There’s not a single issue in this country that does not impact Indigenous people. For example, if you are looking at the over-policing and police brutality of disabled people, you should also be looking at those issues for Indigenous people. Even the federal government admits and owns the fact that American Indians and Alaska Natives are killed by police and also incarcerated at the highest rates per capita.
You’re working on two books. Can you talk a little bit about them and what your goals are for each book?
The one I am currently working on with the most gusto is an anthology called Sacred and Subversive: Queer Voices on Faith and Spirituality. This is the first ever English language multi-faith book of pieces by queer people. I have worked very hard to make it diverse and robust, because just like with Native people or disabled people, there’s not any one way to be queer. This book is more crucial than ever as the well-being of queer people and our very lives are under attack across the world.

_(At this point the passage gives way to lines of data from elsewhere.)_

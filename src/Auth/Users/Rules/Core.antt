-- ===== src/Auth/Users/Rules/Core.antt =====
-- What a call of the service of users leaves in the table, and the rules for a statement, for a
-- sequence of calls and for an error that is not passed on.
use komachi.Base.{
  ℕ, suc, ◌≡◌, Option, none, some, Text, Result, ok, err, pure, raise, ◌>>=◌, continue,
}
use komachi.Auth.Users.Store.{
  Users, UserError, Setup, World, Call, Statement, statement, at_step, answer_or_fault, or_failed,
}
use komachi.Auth.Users.Transactions.{attempt, new_hash, new_id, new_password}

abbrev pub Holds :
    {A : Type 0} → (Users → Type 0) → (A → Users → Type 0) → Result UserError A × Users → Type 0
Holds I Q (ok a, rows) = Q a rows
Holds I Q (err e, rows) = I rows

abbrev pub table_of : {A : Type 0} → Result UserError A × World → Result UserError A × Users
table_of (r, w) = (r, w.rows)

-- From `P`, the call leaves `Q` of its answer where it succeeds, and `I` where it fails.
pub record Leaves {A : Type 0} (I P : Users → Type 0) (m : Call A) (Q : A → Users → Type 0)
    : Type 0 where
  pub from : (w : World) → P w.rows → Holds I Q (table_of (m w))

abbrev pub Keeps : {A : Type 0} → (Users → Type 0) → Call A → Type 0
Keeps I m = Leaves I I m (λ _. I)

abbrev pub Relies : (Users → Type 0) → Setup → Type 0
Relies P c = (n : ℕ) (rows : Users) → P rows → P (c.others n rows)

-- No other request writes in between.
abbrev pub IsAlone : Setup → Type 0
IsAlone c = (n : ℕ) (rows : Users) → c.others n rows ≡ rows

pub IsAlone-Relies : (c : Setup) (P : Users → Type 0) → IsAlone c → Relies P c
IsAlone-Relies c P alone n rows h = rw (alone n rows) h

module _ (I : Users → Type 0) where
  pub pure-Leaves :
      {A : Type 0} {P : Users → Type 0} {Q : A → Users → Type 0} {a : A}
      → ((rows : Users) → P rows → Q a rows)
      → Leaves I P (pure a) Q
  pure-Leaves h = record { from = λ w p. h w.rows p }

  pub raise-Leaves :
      {A : Type 0} {P : Users → Type 0} {Q : A → Users → Type 0} {e : UserError}
      → ((rows : Users) → P rows → I rows)
      → Leaves {A = A} I P (raise e) Q
  raise-Leaves h = record { from = λ w p. h w.rows p }

  weaker_Holds :
      {A : Type 0} (Q R : A → Users → Type 0) (r : Result UserError A × Users)
      → ((a : A) (rows : Users) → Q a rows → R a rows)
      → Holds I Q r
      → Holds I R r
  weaker_Holds Q R (ok a, rows) h q = h a rows q
  weaker_Holds Q R (err e, rows) h i = i

  pub weaker-Leaves :
      {A : Type 0} {P : Users → Type 0} {Q R : A → Users → Type 0} {m : Call A}
      → Leaves I P m Q
      → ((a : A) (rows : Users) → Q a rows → R a rows)
      → Leaves I P m R
  weaker-Leaves {Q = Q} {R = R} {m = m} h k = record {
    from = λ w p. weaker_Holds Q R (table_of (m w)) k (h.from w p);
  }

  error_Holds :
      {A : Type 0} (P : Users → Type 0) (Q : A → Users → Type 0) (r : Result UserError A × Users)
      → ((rows : Users) → P rows → I rows)
      → Holds P Q r
      → Holds I Q r
  error_Holds P Q (ok a, rows) h q = q
  error_Holds P Q (err e, rows) h p = h rows p

  -- a call that keeps what is known where it fails, too
  pub error-Leaves :
      {A : Type 0} {P : Users → Type 0} {Q : A → Users → Type 0} {m : Call A}
      → ((rows : Users) → P rows → I rows)
      → Leaves P P m Q
      → Leaves I P m Q
  error-Leaves {P = P} {Q = Q} {m = m} h k = record {
    from = λ w p. error_Holds P Q (table_of (m w)) h (k.from w p);
  }

  then_Holds :
      {A B : Type 0} (Q : A → Users → Type 0) (R : B → Users → Type 0) (f : A → Call B)
      → ((a : A) → Leaves I (Q a) (f a) R)
      → (r : Result UserError A × World) → Holds I Q (table_of r)
      → Holds I R (table_of (continue r f))
  then_Holds Q R f h (ok a, w) q = (h a).from w q
  then_Holds Q R f h (err e, w) i = i

  pub bind-Leaves :
      {A B : Type 0} {P : Users → Type 0} {Q : A → Users → Type 0} {R : B → Users → Type 0}
      {m : Call A} {f : A → Call B}
      → Leaves I P m Q
      → ((a : A) → Leaves I (Q a) (f a) R)
      → Leaves I P (m >>= f) R
  bind-Leaves {Q = Q} {R = R} {m = m} {f = f} h k = record {
    from = λ w p. then_Holds Q R f k (m w) (h.from w p);
  }

  stepped_Holds :
      {A : Type 0} (Q : A → Users → Type 0) (n : ℕ) (r : Result UserError A × Users)
      → Holds I Q r
      → Holds I Q (table_of (at_step n r))
  stepped_Holds Q n (ok a, rows) q = q
  stepped_Holds Q n (err e, rows) q = q

  statement_Holds :
      {A : Type 0} (P : Users → Type 0) (Q : A → Users → Type 0) (fault : Option UserError)
      (f : Statement A) (n : ℕ)
      → ((rows : Users) → P rows → I rows)
      → ((rows : Users) → P rows → Holds I Q (f rows))
      → (rows : Users) → P rows
      → Holds I Q (table_of (at_step n (answer_or_fault fault f rows)))
  statement_Holds P Q none f n weaken h rows p = stepped_Holds Q n (f rows) (h rows p)
  statement_Holds P Q (some e) f n weaken h rows p = weaken rows p

  statement_from :
      {A : Type 0} (P : Users → Type 0) (Q : A → Users → Type 0) (c : Setup) (f : Statement A)
      → Relies P c
      → ((rows : Users) → P rows → I rows)
      → ((rows : Users) → P rows → Holds I Q (f rows))
      → (w : World) → P w.rows
      → Holds I Q (table_of (statement c f w))
  unfolding statement
  statement_from P Q c f rely weaken h w p =
      statement_Holds P Q (c.fault w.step) f (suc w.step) weaken h (c.others w.step w.rows)
        (rely w.step w.rows p)

  pub statement-Leaves :
      {A : Type 0} {P : Users → Type 0} {Q : A → Users → Type 0} (c : Setup) (f : Statement A)
      → Relies P c
      → ((rows : Users) → P rows → I rows)
      → ((rows : Users) → P rows → Holds I Q (f rows))
      → Leaves I P (statement c f) Q
  statement-Leaves {P = P} {Q = Q} c f rely weaken h = record {
    from = statement_from P Q c f rely weaken h;
  }

  -- What is known of the table before, if the call fails and its error is not passed on.
  abbrev pub Attempted : {A : Type 0} → (A → Users → Type 0) → Result UserError A → Users → Type 0
  Attempted Q (ok a) rows = Q a rows
  Attempted Q (err e) rows = I rows

  Attempted-Holds :
      {A : Type 0} (Q : A → Users → Type 0) (r : Result UserError A × World)
      → Holds I Q (table_of r)
      → Attempted Q r.0 r.1.rows
  Attempted-Holds Q (ok a, w) h = h
  Attempted-Holds Q (err e, w) h = h

  pub attempt-Leaves :
      {A : Type 0} {P : Users → Type 0} {Q : A → Users → Type 0} {m : Call A}
      → Leaves I P m Q
      → Leaves I P (attempt m) (Attempted Q)
  attempt-Leaves {Q = Q} {m = m} h = record { from = λ w p. Attempted-Holds Q (m w) (h.from w p) }

  drawn_Holds :
      {A : Type 0} (P : Users → Type 0) (o : Option A) (w : World)
      → ((rows : Users) → P rows → I rows)
      → P w.rows
      → Holds I (λ _. P) (table_of (or_failed o w))
  drawn_Holds P none w weaken p = weaken w.rows p
  drawn_Holds P (some a) w weaken p = p

  module _ {P : Users → Type 0} (c : Setup) (weaken : (rows : Users) → P rows → I rows) where
    pub new_hash-Leaves : (password : Text) → Leaves I P (new_hash c password) (λ _. P)
    new_hash-Leaves password = record {
      from = λ w p. drawn_Holds P (c.hash w.step password) w weaken p;
    }

    pub new_id-Leaves : Leaves I P (new_id c) (λ _. P)
    new_id-Leaves = record { from = λ w p. drawn_Holds P (c.unique_id w.step) w weaken p }

    pub new_password-Leaves : Leaves I P (new_password c) (λ _. P)
    new_password-Leaves = record {
      from = λ w p. drawn_Holds P (c.random_password w.step) w weaken p;
    }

The other book, which I began writing several years ago, looks at a web of resource extraction in central Appalachia, from lumber to the very first oil drill to the present day of the building of multiple pipelines, export facilities, and cracker plants. I began with research and reporting on the Mariner East Two Pipeline, but expanded to other fracking related projects, including other pipelines, cracker plants and fracked waste storage facilities.” It was a web of extraction. As soon as I get my first manuscript for Sacred and Subversive in, I will get back to working on this book.
Is there anything you would like to add?
November may be Native American Heritage Month—but we Natives are here year-round. Support us year-round. And remember whose land you are on, and that the Land Back movement is more than just a catchy hashtag. The wellbeing of Indigenous people is the wellbeing of all people.